The totals add up to 100 samples. If the confusion matrix changes after loading, the model persistence failed.

Precision vs Recall tradeoff with examples

Model persistence should keep the balance between precision and recall stable. For example:

  • If precision drops after loading, the model may wrongly label more negatives as positives.
  • If recall drops, the model may miss more positive cases.

Both changes hurt deployment trust. Persistence must keep these metrics consistent.

What "good" vs "bad" metric values look like

Good: Model before saving and after loading has the same accuracy, precision, recall, and F1 score. For example, accuracy 90%, precision 85%, recall 80%, F1 82%.

Bad: After loading, accuracy drops to 70%, precision to 60%, recall to 50%. This means the saved model is corrupted or incompatible.

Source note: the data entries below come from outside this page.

-- ===== src/Approvals/Pending.antt =====
-- apps/runtime/citadel/repository.py, get_pending_approvals, which the approval service shows as
-- its queue: the order of the rows, and which rows they are.
use ledger_sdk.Prelude.{
  ℕ, ◌<◌, ◌≤◌, sym, ap, ◌∙◌, eq_iff, Bool-cases, String, Bool, true, false, ◌&&◌, ◌==◌, Option,
  List, [], ◌∷◌, All, Any, here, there, insert_by, sort_by, keep, take, All-sort_by, ◌≡◌, ◌⊎◌, refl,
  arith, inl, inr, if◌then◌else◌,
}
use ledger_sdk.Exec.{ok}
use ledger_sdk.Db.{World, ApprovalRow}
use ledger_sdk.Repository.{queue_before, priority_rank, joined_approval, get_pending_approvals}
use ledger_sdk.Approvals.{get_pending_queue}

-- Whether a row stands in the queue of a tenant.
abbrev pub waits : Option String → World → ApprovalRow → Bool
waits tid w ap = ap.status == "pending" && joined_approval tid w.db.actions ap

-- A priority that has no name of its own in the queue comes last.
abbrev pub IsOther : String → Type 0
IsOther p = (¬ (p ≡ "critical")) × (¬ (p ≡ "high")) × (¬ (p ≡ "medium"))

-- Critical comes ahead of all else, then high, then medium, then any other priority.
abbrev pub IsAhead : String → String → Type 0
IsAhead p q =
    ((p ≡ "critical") × ¬ (q ≡ "critical"))
    ⊎ ((p ≡ "high") × (¬ (q ≡ "critical")) × ¬ (q ≡ "high"))
    ⊎ ((p ≡ "medium") × IsOther q)

abbrev pub IsLevel : String → String → Type 0
IsLevel p q = (p ≡ q) ⊎ (IsOther p × IsOther q)

-- The row is of a priority that comes ahead, or of the same and not younger.
abbrev pub Precedes : ApprovalRow → ApprovalRow → Type 0
Precedes x y =
    IsAhead x.priority y.priority ⊎ (IsLevel x.priority y.priority × (x.created_at ≤ y.created_at))

-- Each row comes before all that follow.
abbrev pub InOrder : List ApprovalRow → Type 0
InOrder [] = Unit
InOrder (x ∷ xs) = All (Precedes x) xs × InOrder xs

-- The same by the ranks of the CASE expression.
abbrev ByRank : List ApprovalRow → Type 0
ByRank [] = Unit
ByRank (x ∷ xs) = All (λ y. queue_before x y ≡ true) xs × ByRank xs

-- A priority with its rank.
abbrev Ranked : String → Type 0
Ranked p =
    ((p ≡ "critical") × (priority_rank p ≡ 1))
    ⊎ ((p ≡ "high") × (priority_rank p ≡ 2))
    ⊎ ((p ≡ "medium") × (priority_rank p ≡ 3))
    ⊎ (IsOther p × (priority_rank p ≡ 4))

ranked : (p : String) → Ranked p
unfolding priority_rank
ranked p = elim (Bool-cases (p == "critical")) [
  | inl e ↦ inl ((eq_iff p "critical").0 e, ground (arith, e))
  | inr e ↦ elim (Bool-cases (p == "high")) [
    | inl f ↦ inr (inl ((eq_iff p "high").0 f, ground (arith, e, f)))
    | inr f ↦ elim (Bool-cases (p == "medium")) [
      | inl g ↦ inr (inr (inl ((eq_iff p "medium").0 g, ground (arith, e, f, g))))
      | inr g ↦ inr (
          inr (
            inr (
              (
                λ q. absurd (ground (arith, (eq_iff p "critical").1 q, e)),
                λ q. absurd (ground (arith, (eq_iff p "high").1 q, f)),
                λ q. absurd (ground (arith, (eq_iff p "medium").1 q, g)),
              ),
              ground (arith, e, f, g),
            )))
    ]
  ]
]

rank_critical : (p : String) → p ≡ "critical" → priority_rank p ≡ 1
unfolding priority_rank
rank_critical p e = ap priority_rank e

rank_high : (p : String) → p ≡ "high" → priority_rank p ≡ 2
unfolding priority_rank
rank_high p e = ap priority_rank e

rank_medium : (p : String) → p ≡ "medium" → priority_rank p ≡ 3
unfolding priority_rank
rank_medium p e = ap priority_rank e

IsAhead-ranks : (p q : String) → priority_rank p < priority_rank q → IsAhead p q
IsAhead-ranks p q h = by_case (ranked p) (ranked q)
  where
    by_case : Ranked p → Ranked q → IsAhead p q
    by_case (inl (e, r)) _ = inl (e, λ c. absurd (omega (arith, r, rank_critical q c, h)))
    by_case (inr (inl (e, r))) _ = inr (
        inl (
          e,
          λ c. absurd (omega (arith, r, rank_critical q c, h)),
          λ c. absurd (omega (arith, r, rank_high q c, h)),
        ))
    by_case (inr (inr (inl (e, r)))) _ = inr (
        inr (
          e,
          (
            λ c. absurd (omega (arith, r, rank_critical q c, h)),
            λ c. absurd (omega (arith, r, rank_high q c, h)),
            λ c. absurd (omega (arith, r, rank_medium q c, h)),
          ),
        ))
    by_case (inr (inr (inr (o, r)))) (inl (f, s)) = absurd (omega (arith, r, s, h))
    by_case (inr (inr (inr (o, r)))) (inr (inl (f, s))) = absurd (omega (arith, r, s, h))
    by_case (inr (inr (inr (o, r)))) (inr (inr (inl (f, s)))) = absurd (omega (arith, r, s, h))
    by_case (inr (inr (inr (o, r)))) (inr (inr (inr (f, s)))) = absurd (omega (arith, r, s, h))

IsLevel-ranks : (p q : String) → priority_rank p ≡ priority_rank q → IsLevel p q
IsLevel-ranks p q h = by_case (ranked p) (ranked q)
  where
    by_case : Ranked p → Ranked q → IsLevel p q
    by_case (inl (e, r)) (inl (f, s)) = inl (e ∙ sym f)
    by_case (inr (inl (e, r))) (inr (inl (f, s))) = inl (e ∙ sym f)
    by_case (inr (inr (inl (e, r)))) (inr (inr (inl (f, s)))) = inl (e ∙ sym f)
    by_case (inr (inr (inr (o, r)))) (inr (inr (inr (o', s)))) = inr (o, o')
    by_case (inl (e, r)) (inr (inl (f, s))) = absurd (omega (arith, r, s, h))
    by_case (inl (e, r)) (inr (inr (inl (f, s)))) = absurd (omega (arith, r, s, h))
    by_case (inl (e, r)) (inr (inr (inr (f, s)))) = absurd (omega (arith, r, s, h))
    by_case (inr (inl (e, r))) (inl (f, s)) = absurd (omega (arith, r, s, h))
    by_case (inr (inl (e, r))) (inr (inr (inl (f, s)))) = absurd (omega (arith, r, s, h))
    by_case (inr (inl (e, r))) (inr (inr (inr (f, s)))) = absurd (omega (arith, r, s, h))
    by_case (inr (inr (inl (e, r)))) (inl (f, s)) = absurd (omega (arith, r, s, h))
    by_case (inr (inr (inl (e, r)))) (inr (inl (f, s))) = absurd (omega (arith, r, s, h))
    by_case (inr (inr (inl (e, r)))) (inr (inr (inr (f, s)))) = absurd (omega (arith, r, s, h))
    by_case (inr (inr (inr (o, r)))) (inl (f, s)) = absurd (omega (arith, r, s, h))
    by_case (inr (inr (inr (o, r)))) (inr (inl (f, s))) = absurd (omega (arith, r, s, h))
    by_case (inr (inr (inr (o, r)))) (inr (inr (inl (f, s)))) = absurd (omega (arith, r, s, h))

rank_cases :
    (a b : ApprovalRow)
    → queue_before a b ≡ true
    → (priority_rank a.priority < priority_rank b.priority)
      ⊎ ((priority_rank a.priority ≡ priority_rank b.priority) × (a.created_at ≤ b.created_at))
rank_cases a b h = ground (arith, h)

queue_before-Precedes : (a b : ApprovalRow) → queue_before a b ≡ true → Precedes a b
queue_before-Precedes a b h = elim (rank_cases a b h) [
  | inl l ↦ inl (IsAhead-ranks _ _ l)
  | inr (e, l) ↦ inr (IsLevel-ranks _ _ e, l)
]

module _ {ℓ} {A : Type ℓ} where
  All-map {κ κ'} :
      (P : A → Type κ) (Q : A → Type κ')
      → ((a : A) → P a → Q a)
      → (xs : List A) → All P xs
      → All Q xs
  All-map P Q f [] h = tt
  All-map P Q f (x ∷ xs) (p, h) = (f x p, All-map P Q f xs h)

  insert_by-All {κ} :
      (P : A → Type κ) (before : A → A → Bool) (x : A) (xs : List A)
      → P x
      → All P xs
      → All P (insert_by before x xs)
  insert_by-All P before x [] p h = (p, tt)
  insert_by-All P before x (y ∷ ys) p (q, h) = step (before x y) (insert_by-All P before x ys p h)
    where
      step :
          (b : Bool)
          → All P (insert_by before x ys)
          → All P (if b then x ∷ y ∷ ys else y ∷ insert_by before x ys)
      step true rec = (p, (q, h))
      step false rec = (q, rec)

  listed : (xs : List A) → All (λ a. Any (λ b. b ≡ a) xs) xs
  listed [] = tt
  listed (x ∷ xs) = (here refl, All-map _ _ (λ a h. there h) xs (listed xs))

  keep-All {κ} :
      (P : A → Type κ) (p : A → Bool) (xs : List A)
      → All P (keep p xs)
      → All (λ a. (p a ≡ false) ⊎ P a) xs
  keep-All P p [] h = tt
  keep-All P p (x ∷ xs) h = step (p x) refl (keep-All P p xs) h
    where
      step :
          (b : Bool)
          → p x ≡ b
          → (All P (keep p xs) → All (λ a. (p a ≡ false) ⊎ P a) xs)
          → All P (if b then x ∷ keep p xs else keep p xs)
          → ((p x ≡ false) ⊎ P x) × All (λ a. (p a ≡ false) ⊎ P a) xs
      step true e rec (q, h) = (inr q, rec h)
      step false e rec h = (inl e, rec h)

  kept : (p : A → Bool) (xs : List A) → All (λ a. p a ≡ true) (keep p xs)
  kept p [] = tt
  kept p (x ∷ xs) = step (p x) refl (kept p xs)
    where
      step :
          (b : Bool)
          → p x ≡ b
          → All (λ a. p a ≡ true) (keep p xs)
          → All (λ a. p a ≡ true) (if b then x ∷ keep p xs else keep p xs)
      step true e h = (e, h)
      step false e h = h

  sort_by-All {κ} :
      (P : A → Type κ) (before : A → A → Bool) (xs : List A) → All P xs → All P (sort_by before xs)
  unfolding sort_by
  sort_by-All P before [] h = tt
  sort_by-All P before (x ∷ xs) (p, h) =
      insert_by-All P before x (sort_by before xs) p (sort_by-All P before xs h)

before_trans :
    (a b c : ApprovalRow)
    → queue_before a b ≡ true
    → queue_before b c ≡ true
    → queue_before a c ≡ true
before_trans a b c h k = ground (arith, h, k)

before_total : (a b : ApprovalRow) → queue_before a b ≡ false → queue_before b a ≡ true
before_total a b h = ground (arith, h)

insert_by-ByRank :
    (x : ApprovalRow) (xs : List ApprovalRow) → ByRank xs → ByRank (insert_by queue_before x xs)
insert_by-ByRank x [] h = (tt, tt)
insert_by-ByRank x (y ∷ ys) (a, h) = step (queue_before x y) refl (insert_by-ByRank x ys h)
  where
    step :
        (b : Bool)
        → queue_before x y ≡ b
        → ByRank (insert_by queue_before x ys)
        → ByRank (if b then x ∷ y ∷ ys else y ∷ insert_by queue_before x ys)
    step true e rec = ((e, All-map _ _ (λ z. before_trans x y z e) ys a), (a, h))
    step false e rec = (insert_by-All _ queue_before x ys (before_total x y e) a, rec)

sort_by-ByRank : (xs : List ApprovalRow) → ByRank (sort_by queue_before xs)
unfolding sort_by
sort_by-ByRank [] = tt
sort_by-ByRank (x ∷ xs) = insert_by-ByRank x (sort_by queue_before xs) (sort_by-ByRank xs)

ByRank-InOrder : (xs : List ApprovalRow) → ByRank xs → InOrder xs
ByRank-InOrder [] h = tt
ByRank-InOrder (x ∷ xs) (a, h) =
    (All-map _ _ (λ y. queue_before-Precedes x y) xs a, ByRank-InOrder xs h)

-- The queue of a tenant.
abbrev pub queue : Option String → World → List ApprovalRow
queue tid w = sort_by queue_before (keep (waits tid w) w.db.approvals)

-- What a page of the queue is: the first rows of a list in order that holds the rows that wait, all
-- of them and no other; nothing is written.
abbrev pub ShowsQueue : ℕ → Option String → World → Type 0
ShowsQueue limit tid w =
    (rows : List ApprovalRow) × (get_pending_queue limit tid w ≡ (ok (take limit rows), w))
    × InOrder rows
    × All (λ ap. waits tid w ap ≡ true) rows
    × All (λ ap. (waits tid w ap ≡ false) ⊎ Any (λ r. r ≡ ap) rows) w.db.approvals

-- A page of the approval queue is the start, up to the limit, of a list that holds the pending
-- approvals the tenant may see, all of them and no other; critical ones come first, then high,
-- then medium, then those of any other priority, and within one of these the older first; nothing
-- is written.
pub get_pending_queue-ShowsQueue :
    (limit : ℕ) (tid : Option String) (w : World) → ShowsQueue limit tid w
unfolding get_pending_queue get_pending_approvals
get_pending_queue-ShowsQueue limit tid w = (
  queue tid w,
  refl,
  ByRank-InOrder (queue tid w) (sort_by-ByRank (keep (waits tid w) w.db.approvals)),
  sort_by-All _ queue_before _ (kept (waits tid w) w.db.approvals),
  keep-All _ (waits tid w) w.db.approvals (All-sort_by _ queue_before _ (listed (queue tid w))),
)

Common pitfalls in model persistence metrics
  • Data leakage: If test data leaks into training, metrics look better but deployment fails.
  • Overfitting: Model performs well on training but poorly after loading on new data.
  • Version mismatch: Saving and loading with different TensorFlow versions can corrupt the model.
  • Incomplete saving: Forgetting to save optimizer state or custom layers causes errors or metric changes.
Self-check question

Your model has 98% accuracy but 12% recall on fraud detection after loading. Is it good for deployment? Why or why not?

Answer: No, it is not good. High accuracy can be misleading if fraud cases are rare. Low recall means the model misses most fraud cases, which is dangerous. Model persistence failed to keep recall high, so deployment is risky.

Key Result
Model persistence must keep key metrics like accuracy, precision, and recall consistent before and after saving to ensure reliable deployment.